:: Saved data entries ::
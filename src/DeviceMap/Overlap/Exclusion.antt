-- ===== src/DeviceMap/Overlap/Exclusion.antt =====
-- server/mapdevidphnd.cpp: the mutex of a device keeps two threads apart.
use xibridge.Prelude.{
  ◌≤◌, ◌≡◌, refl, sym, ap, ◌∙◌, true, false, List, [], ◌∷◌, ◌++◌, Bool, ◌&&◌, arith,
}
use xibridge.DevId.{DevId}
use xibridge.DeviceMap.{map_keys}
use xibridge.DeviceMap.Overlap.Counting.{
  holders-middle, keyed, all_keyed, all_keyed-middle, Act-keyed, Act-Counted,
}
use xibridge.DeviceMap.Overlap.Mutex.{locks}
use xibridge.DeviceMap.Overlap.{
  Place, outside, waiting, inserting, queued, inside, lost, answered, Sys, holders, Step, thread,
  Reach, here, next,
}

-- The threads inside are not more than the locked mutexes, and no mutex is locked twice.
pub record IsGuarded (s : Sys) : Type 0 where
  pub counted :
      (d : DevId) → (holders d s.threads ≤ locks d s.shared.locked) × (locks d s.shared.locked ≤ 1)
  pub keys_known : all_keyed s.threads ≡ true

abbrev pub all_outside : List Place → Bool
all_outside [] = true
all_outside (outside ∷ ps) = all_outside ps
all_outside (_ ∷ ps) = false

Step-IsGuarded : {named : List DevId} {s s' : Sys} → Step named s s' → IsGuarded s → IsGuarded s'
Step-IsGuarded {s = s} (thread xs ys p q t' e act f) h = rw f (record {
  counted = λ d.
      let (l, m) = h.counted d in
      let (a, b) =
        Act-Counted d (holders d (xs ++ ys)) act own
          (omega (arith, l, ap (holders d) e, holders-middle d xs ys p), m) in
      (omega (arith, a, holders-middle d xs ys q), b);
  keys_known = all_keyed-middle xs ys q ∙ rw (Act-keyed act) others;
})
  where
    both : keyed p && all_keyed (xs ++ ys) ≡ true
    both = sym (all_keyed-middle xs ys p) ∙ sym (ap all_keyed e) ∙ h.keys_known

    own : keyed p ≡ true
    own = ground (arith, both)

    others : all_keyed (xs ++ ys) ≡ true
    others = ground (arith, both)

pub Reach-IsGuarded :
    {named : List DevId} {s s' : Sys} → IsGuarded s → Reach named s s' → IsGuarded s'
Reach-IsGuarded h here = h
Reach-IsGuarded h (next r st) = Step-IsGuarded st (Reach-IsGuarded h r)

outside_holders : (d : DevId) (ps : List Place) → all_outside ps ≡ true → holders d ps ≡ 0
outside_holders d [] h = refl
outside_holders d (outside ∷ ps) h = omega (arith, outside_holders d ps h)
outside_holders d (waiting e job ∷ ps) h = absurd cc
outside_holders d (inserting e job ∷ ps) h = absurd cc
outside_holders d (queued e k job ∷ ps) h = absurd cc
outside_holders d (inside e w ∷ ps) h = absurd cc
outside_holders d (lost e ∷ ps) h = absurd cc
outside_holders d (answered b ∷ ps) h = absurd cc

outside_keyed : (ps : List Place) → all_outside ps ≡ true → all_keyed ps ≡ true
outside_keyed [] h = refl
outside_keyed (outside ∷ ps) h = outside_keyed ps h
outside_keyed (waiting e job ∷ ps) h = absurd cc
outside_keyed (inserting e job ∷ ps) h = absurd cc
outside_keyed (queued e k job ∷ ps) h = absurd cc
outside_keyed (inside e w ∷ ps) h = absurd cc
outside_keyed (lost e ∷ ps) h = absurd cc
outside_keyed (answered b ∷ ps) h = absurd cc

pub outside-IsGuarded :
    (s : Sys) → all_outside s.threads ≡ true → s.shared.locked ≡ [] → IsGuarded s
outside-IsGuarded s h l = record {
  counted = λ d. (omega (arith, outside_holders d s.threads h), omega (arith, ap (locks d) l));
  keys_known = outside_keyed s.threads h;
}

abbrev pub IsExclusive : Sys → Type 0
IsExclusive s = (d : DevId) → holders d s.threads ≤ 1

pub guarded-IsExclusive : (s : Sys) → IsGuarded s → IsExclusive s
guarded-IsExclusive s g d = let (l, m) = g.counted d in omega (arith, l, m)

-- The keys of the table and of the pool with the devices that threads look for.
abbrev pub all_keys : List DevId → Sys → List DevId
all_keys named s = named ++ map_keys s.shared.table.devices ++ s.shared.pool
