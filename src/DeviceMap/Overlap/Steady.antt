-- ===== src/DeviceMap/Overlap/Steady.antt =====
-- server/mapdevidphnd.cpp: the handle that a request uses.
use xibridge.Prelude.{
  ℕ, ◌≡◌, refl, ap, ◌∙◌, true, false, List, [], ◌∷◌, Option, none, some, if◌then◌else◌, arith,
  Bool-cases, inl, inr,
}
use xibridge.DevId.{DevId, dev_lt}
use xibridge.DeviceMap.{MapDevIdPHandle, same_key, find_device, put_device, erase_device}
use xibridge.DeviceMap.Overlap.{
  request, opening, closing, Work, start, sending, sent, creating, recording, opened, deciding,
  destroying, erasing, closed, Place, inside, Sys, Outcome, handle_of, touched, open_found,
  drop_null, set_found, work,
}

other_key : (k d e : DevId) → same_key k d ≡ true → same_key d e ≡ false → same_key k e ≡ false
unfolding same_key dev_lt
other_key k d e h i = ground arith

find_put_other :
    (devices : List (DevId × Option ℕ)) (d e : DevId) (g : Option ℕ)
    → same_key d e ≡ false
    → find_device (put_device devices d g) e ≡ find_device devices e
find_put_other [] d e g i = rw i refl
find_put_other ((k, h) ∷ devices) d e g i = elim (Bool-cases (same_key k d)) [
  | inl b ↦ rw (b, other_key k d e b i) refl
  | inr b ↦ rw b (ap (λ r. if same_key k e then some h else r) (find_put_other devices d e g i))
]

find_erase_other :
    (devices : List (DevId × Option ℕ)) (d e : DevId)
    → same_key d e ≡ false
    → find_device (erase_device devices d) e ≡ find_device devices e
find_erase_other [] d e i = refl
find_erase_other ((k, h) ∷ devices) d e i = elim (Bool-cases (same_key k d)) [
  | inl b ↦ rw (b, other_key k d e b i) (find_erase_other devices d e i)
  | inr b ↦ rw b (ap (λ r. if same_key k e then some h else r) (find_erase_other devices d e i))
]

touched_other :
    (f : Option (Option ℕ)) (d e : DevId) (t : MapDevIdPHandle)
    → same_key d e ≡ false
    → find_device (touched f d t).devices e ≡ find_device t.devices e
touched_other none d e t i = find_put_other t.devices d e none i
touched_other (some h) d e t i = refl

open_found_other :
    (c : ℕ) (d e : DevId) (f : Option (Option ℕ)) (t : MapDevIdPHandle)
    → same_key d e ≡ false
    → find_device (open_found c d f t).1.devices e ≡ find_device t.devices e
open_found_other c d e none t i = find_put_other t.devices d e none i
open_found_other c d e (some h) t i = refl

drop_null_other :
    (h : Option ℕ) (d e : DevId) (t : MapDevIdPHandle)
    → same_key d e ≡ false
    → find_device (drop_null h d t).devices e ≡ find_device t.devices e
drop_null_other none d e t i = find_erase_other t.devices d e i
drop_null_other (some h) d e t i = refl

set_found_other :
    (c : ℕ) (d e : DevId) (h : ℕ) (f : Option (Option ℕ)) (t : MapDevIdPHandle)
    → same_key d e ≡ false
    → find_device (set_found c d h f t).devices e ≡ find_device t.devices e
set_found_other c d e h none t i = refl
set_found_other c d e h (some g) t i = find_put_other t.devices d e (some h) i

-- A step of a thread that holds the mutex of one device leaves the entries of all others alone.
pub work_other :
    (o : Outcome) (d e : DevId) (w : Work) (t : MapDevIdPHandle)
    → same_key d e ≡ false
    → find_device (work o d w t).1.devices e ≡ find_device t.devices e
unfolding work
work_other o d e (start request) t i = touched_other (find_device t.devices d) d e t i
work_other o d e (start (opening c)) t i = open_found_other c d e (find_device t.devices d) t i
work_other o d e (start (closing c f)) t i = refl
work_other o d e (sending none) t i = refl
work_other o d e (sending (some h)) t i = refl
work_other o d e (sent res) t i = refl
work_other o d e (creating c) t i = refl
work_other o d e (recording c none) t i =
    drop_null_other (handle_of (find_device t.devices d)) d e t i
work_other o d e (recording c (some h)) t i =
    drop_null_other
      (handle_of (find_device (set_found c d h (find_device t.devices d) t).devices d)) d e
      (set_found c d h (find_device t.devices d) t) i
    ∙ set_found_other c d e h (find_device t.devices d) t i
work_other o d e (opened b) t i = refl
work_other o d e (deciding f) t i = refl
work_other o d e destroying t i = find_put_other t.devices d e none i
work_other o d e erasing t i = find_erase_other t.devices d e i
work_other o d e closed t i = refl

-- A thread in `send_request` uses the handle that the table has for its device.
abbrev pub Steady : MapDevIdPHandle → Place → Type 0
Steady t (inside d (sending (some h))) = find_device t.devices d ≡ some (some h)
Steady t _ = Unit {0}

abbrev pub AllSteady : MapDevIdPHandle → List Place → Type 0
AllSteady t [] = Unit {0}
AllSteady t (p ∷ ps) = Steady t p × AllSteady t ps

abbrev pub IsSteady : Sys → Type 0
IsSteady s = AllSteady s.shared.table s.threads
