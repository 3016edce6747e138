-- ===== src/DeviceMap/Overlap/Handle.antt =====
-- server/mapdevidphnd.cpp: a request keeps its handle, whatever the other threads do.
use xibridge.DevId.{DevId}
use xibridge.DeviceMap.Overlap.Steady.{Steady}
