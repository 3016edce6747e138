-- ===== src/DeviceMap/Overlap/Nothing.antt =====
-- server/mapdevidphnd.cpp: an opening between a request that finds its device closed and the removal that follows.
use xibridge.Prelude.{
  ℕ, ◌<◌, ◌≡◌, refl, sym, ap, ◌∙◌, true, false, List, [], ◌∷◌, ◌++◌, Option, none, some, arith,
  ◌==◌, ==_refl,
}
use xibridge.DevId.{DevId, dev_eq}
use xibridge.DeviceMap.{
  MapDevIdPHandle, xib_result_ok, xib_result_nodevice, find_device, find_conn, devid_known,
  uint32_max,
}
use xibridge.DeviceMap.Open.{same_key_refl}
use xibridge.DeviceMap.Overlap.{
  Job, request, opening, closing, Work, start, sending, sent, opened, deciding, destroying, erasing,
  closed, Place, outside, waiting, queued, inside, lost, answered, Shared, Sys, Outcome, left, work,
  find_key, given_back, is_named, find_mutex, ask_request, ask_open, ask_close, lock_mutex, work_on,
  unlock_mutex, Step, thread, Reach, here, next,
}

abbrev pub one_mutex : DevId → List DevId → MapDevIdPHandle → Shared
one_mutex d locked t = record { table = t; pool = d ∷ []; locked = locked }

-- The pool has the mutex of the device, which is free or locked.
abbrev pub free : DevId → MapDevIdPHandle → List Place → Sys
free d t ps = record { shared = one_mutex d [] t; threads = ps }

abbrev pub busy : DevId → MapDevIdPHandle → List Place → Sys
busy d t ps = record { shared = one_mutex d (d ∷ []) t; threads = ps }

abbrev table_of : List (DevId × Option ℕ) → List (ℕ × DevId) → List ℕ → MapDevIdPHandle
table_of devices conns destroyed = record {
  devices = devices;
  conns = conns;
  destroyed = destroyed;
}

abbrev any : Outcome
any = record { answer = xib_result_ok; handle = none }

named_one : (d : DevId) → is_named d (d ∷ []) ≡ true
unfolding dev_eq
named_one d = ground arith

pub works :
    (xs ys : List Place) (d : DevId) (w w' : Work) (t t' : MapDevIdPHandle)
    → work any d w t ≡ (w', t')
    → Step (d ∷ []) (busy d t (xs ++ inside d w ∷ ys)) (busy d t' (xs ++ inside d w' ∷ ys))
works xs ys d w w' t t' e =
    thread xs ys (inside d w) (inside d w') (one_mutex d (d ∷ []) t') refl
      (work_on any d w refl (ap (λ (r : Work × MapDevIdPHandle). inside d r.0) (sym e))
        (ap (λ (r : Work × MapDevIdPHandle). one_mutex d (d ∷ []) r.1) (sym e)))
      refl

-- The search for the mutex and its lock.
pub finds :
    (xs ys : List Place) (d : DevId) (job : Job) (t : MapDevIdPHandle)
    → Step (d ∷ []) (free d t (xs ++ waiting d job ∷ ys)) (free d t (xs ++ queued d d job ∷ ys))
finds xs ys d job t =
    thread xs ys (waiting d job) (queued d d job) (one_mutex d [] t) refl
      (find_mutex d d job (rw (same_key_refl d) refl) refl refl refl) refl

pub locks :
    (xs ys : List Place) (d : DevId) (job : Job) (t : MapDevIdPHandle)
    → Step
        (d ∷ [])
        (free d t (xs ++ queued d d job ∷ ys))
        (busy d t (xs ++ inside d (start job) ∷ ys))
locks xs ys d job t =
    thread xs ys (queued d d job) (inside d (start job)) (one_mutex d (d ∷ []) t) refl
      (lock_mutex d d job refl refl refl refl) refl

leaves :
    (xs ys : List Place) (d : DevId) (w : Work) (q : Place) (t : MapDevIdPHandle)
    → left d w ≡ some q
    → Step (d ∷ []) (busy d t (xs ++ inside d w ∷ ys)) (free d t (xs ++ q ∷ ys))
leaves xs ys d w q t h =
    thread xs ys (inside d w) q (one_mutex d [] t) refl
      (unlock_mutex d w h refl (ap (λ ks. record { table = t; pool = d ∷ []; locked = ks }) back))
      refl
  where
    back : [] ≡ given_back (find_key (d ∷ []) d) (d ∷ [])
    back = rw (same_key_refl d, same_key_refl d) refl

module _ (d : DevId) (h c c' : ℕ) where
  -- The device is open, its one connection is `c`; it is closed; it has a null handle; the opening is done.
  abbrev pub in_table : MapDevIdPHandle
  in_table = table_of ((d, some h) ∷ []) ((c, d) ∷ []) []

  abbrev pub no_conn : MapDevIdPHandle
  no_conn = table_of ((d, some h) ∷ []) [] []

  abbrev pub nulled : MapDevIdPHandle
  nulled = table_of ((d, none) ∷ []) [] (h ∷ [])

  abbrev emptied : MapDevIdPHandle
  emptied = table_of [] [] (h ∷ [])

  abbrev pub promised : MapDevIdPHandle
  promised = table_of ((d, none) ∷ []) ((c', d) ∷ []) (h ∷ [])

  known : d.id < uint32_max → devid_known in_table c d ≡ d
  known l = ground arith

  asks_close :
      d.id < uint32_max
      → Step
          (d ∷ [])
          (free d in_table (waiting d request ∷ outside ∷ outside ∷ []))
          (free d in_table (waiting d request ∷ waiting d (closing c false) ∷ outside ∷ []))
  asks_close l =
      thread (waiting d request ∷ []) (outside ∷ []) outside (waiting d (closing c false))
        (one_mutex d [] in_table) refl
        (ask_close c d false (ap (λ e. is_named e (d ∷ [])) (known l) ∙ named_one d)
          (ap (λ (e : DevId). e.id == uint32_max) (known l) ∙ ground arith) refl
          (ap (λ e. waiting e (closing c false)) (sym (known l))) refl)
        refl

  starts_close : work any d (start (closing c false)) in_table ≡ (deciding false, no_conn)
  unfolding work
  starts_close = rw (==_refl c) refl

  decides : work any d (deciding false) no_conn ≡ (destroying, no_conn)
  unfolding work
  decides = rw (same_key_refl d) refl

  destroys : work any d destroying no_conn ≡ (erasing, nulled)
  unfolding work
  destroys = rw (same_key_refl d) refl

  erases : work any d erasing nulled ≡ (closed, emptied)
  unfolding work
  erases = rw (same_key_refl d) refl

  requests : work any d (start request) emptied ≡ (sending none, nulled)
  unfolding work
  requests = refl

  sends : work any d (sending none) nulled ≡ (sent xib_result_nodevice, nulled)
  unfolding work
  sends = refl

  opens : work any d (start (opening c')) nulled ≡ (opened true, promised)
  unfolding work
  opens = rw (same_key_refl d) refl

  -- A request waits for the mutex while the last connection of its device is closed.
  closed_before :
      d.id < uint32_max
      → Reach
          (d ∷ [])
          (free d in_table (outside ∷ outside ∷ outside ∷ []))
          (free d emptied (waiting d request ∷ outside ∷ outside ∷ []))
  closed_before l =
      next
        (next
          (next
            (next
              (next
                (next
                  (next
                    (next
                      (next here (
                        thread [] (outside ∷ outside ∷ []) outside (waiting d request)
                          (one_mutex d [] in_table) refl
                          (ask_request d (some h) (named_one d) (rw (same_key_refl d) refl) refl
                            refl refl)
                          refl))
                      (asks_close l))
                    (finds (waiting d request ∷ []) (outside ∷ []) d (closing c false) in_table))
                  (locks (waiting d request ∷ []) (outside ∷ []) d (closing c false) in_table))
                (works (waiting d request ∷ []) (outside ∷ []) d (start (closing c false))
                  (deciding false) in_table no_conn starts_close))
              (works (waiting d request ∷ []) (outside ∷ []) d (deciding false) destroying no_conn
                no_conn decides))
            (works (waiting d request ∷ []) (outside ∷ []) d destroying erasing no_conn nulled
              destroys))
          (works (waiting d request ∷ []) (outside ∷ []) d erasing closed nulled emptied erases))
        (leaves (waiting d request ∷ []) (outside ∷ []) d closed outside emptied refl)

  -- Three threads: one sends a request to the open device, the second closes the device's last connection, and the third
  -- opens the device on a new connection. The third can be told that the device was opened, its connection recorded,
  -- although the entry of the device in the table has a null handle, which the request of the first has put there.
  pub opened_nothing :
      d.id < uint32_max
      → Reach
          (d ∷ [])
          (free d in_table (outside ∷ outside ∷ outside ∷ []))
          (free d promised (lost d ∷ outside ∷ answered true ∷ []))
        × (find_device promised.devices d ≡ some none)
        × (find_conn promised.conns c' ≡ some d)
  opened_nothing l = (
    next
        (next
          (next
            (next
              (next
                (next
                  (next
                    (next
                      (next
                        (next (closed_before l)
                          (finds [] (outside ∷ outside ∷ []) d request emptied))
                        (locks [] (outside ∷ outside ∷ []) d request emptied))
                      (works [] (outside ∷ outside ∷ []) d (start request) (sending none) emptied
                        nulled requests))
                    (works [] (outside ∷ outside ∷ []) d (sending none) (sent xib_result_nodevice)
                      nulled nulled sends))
                  (leaves [] (outside ∷ outside ∷ []) d (sent xib_result_nodevice) (lost d) nulled
                    refl))
                (thread (lost d ∷ outside ∷ []) [] outside (waiting d (opening c'))
                  (one_mutex d [] nulled) refl (ask_open c' d (named_one d) refl refl refl refl)
                  refl))
              (finds (lost d ∷ outside ∷ []) [] d (opening c') nulled))
            (locks (lost d ∷ outside ∷ []) [] d (opening c') nulled))
          (works (lost d ∷ outside ∷ []) [] d (start (opening c')) (opened true) nulled promised
            opens))
        (leaves (lost d ∷ outside ∷ []) [] d (opened true) (answered true) promised refl),
    rw (same_key_refl d) refl,
    rw (==_refl c') refl,
  )
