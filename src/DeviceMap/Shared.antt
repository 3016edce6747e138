-- ===== src/DeviceMap/Shared.antt =====
-- A device that two connections use.
use xibridge.Prelude.{ℕ, ◌≡◌, ◌≢◌, refl, ◌∙◌, true, false, List, [], ◌∷◌, some, arith, ◌<◌}
use xibridge.DevId.{DevId, dev_eq}
use xibridge.DeviceMap.{
  MapDevIdPHandle, find_conn, erase_conn, find_serial, release, remove_conn_or_remove_device,
  uint32_max,
}
use xibridge.DeviceMap.Lost.{remove-known}

dev_eq_refl : (d : DevId) → dev_eq d d ≡ true
unfolding dev_eq
dev_eq_refl d = ground arith

find_conn-erase_conn_other :
    (conns : List (ℕ × DevId)) (a c : ℕ)
    → a ≢ c
    → find_conn (erase_conn conns a) c ≡ find_conn conns c
find_conn-erase_conn_other [] a c h = refl
find_conn-erase_conn_other ((b, d) ∷ conns) a c h =
    ground (arith, find_conn-erase_conn_other conns a c h)

-- A connection's device is found among the connections.
find_serial-find_conn :
    (conns : List (ℕ × DevId)) (c : ℕ) (d : DevId)
    → find_conn conns c ≡ some d
    → find_serial conns d ≡ true
find_serial-find_conn [] c d h = absurd cc
find_serial-find_conn ((b, e) ∷ conns) c d h =
    ground (arith, find_serial-find_conn conns c d, dev_eq_refl d)

release-used :
    (d : DevId) (t : MapDevIdPHandle) → find_serial t.conns d ≡ true → release d false t ≡ t
unfolding release
release-used d t h = ground arith

-- While another connection uses the device, its id below UINT32_MAX, closing it on one connection forgets
-- that connection and does nothing else.
pub remove_keeps_shared :
    (t : MapDevIdPHandle) (conn_id other : ℕ) (d : DevId)
    → d.id < uint32_max
    → conn_id ≢ other
    → find_conn t.conns other ≡ some d
    → remove_conn_or_remove_device conn_id d false t
      ≡ record t { conns = erase_conn t.conns conn_id }
remove_keeps_shared t conn_id other d l n e =
    remove-known conn_id d false t l
    ∙ release-used d (record t { conns = erase_conn t.conns conn_id })
        (find_serial-find_conn (erase_conn t.conns conn_id) other d
          (find_conn-erase_conn_other t.conns conn_id other n ∙ e))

:: PROBLEM DETAILS ::
Select and copy each line from the data that includes the word "recording".

:: RESPONSE BOX ::
  request, opening, closing, Work, start, sending, sent, creating, recording, opened, deciding,
work_other o d e (recording c none) t i =
work_other o d e (recording c (some h)) t i =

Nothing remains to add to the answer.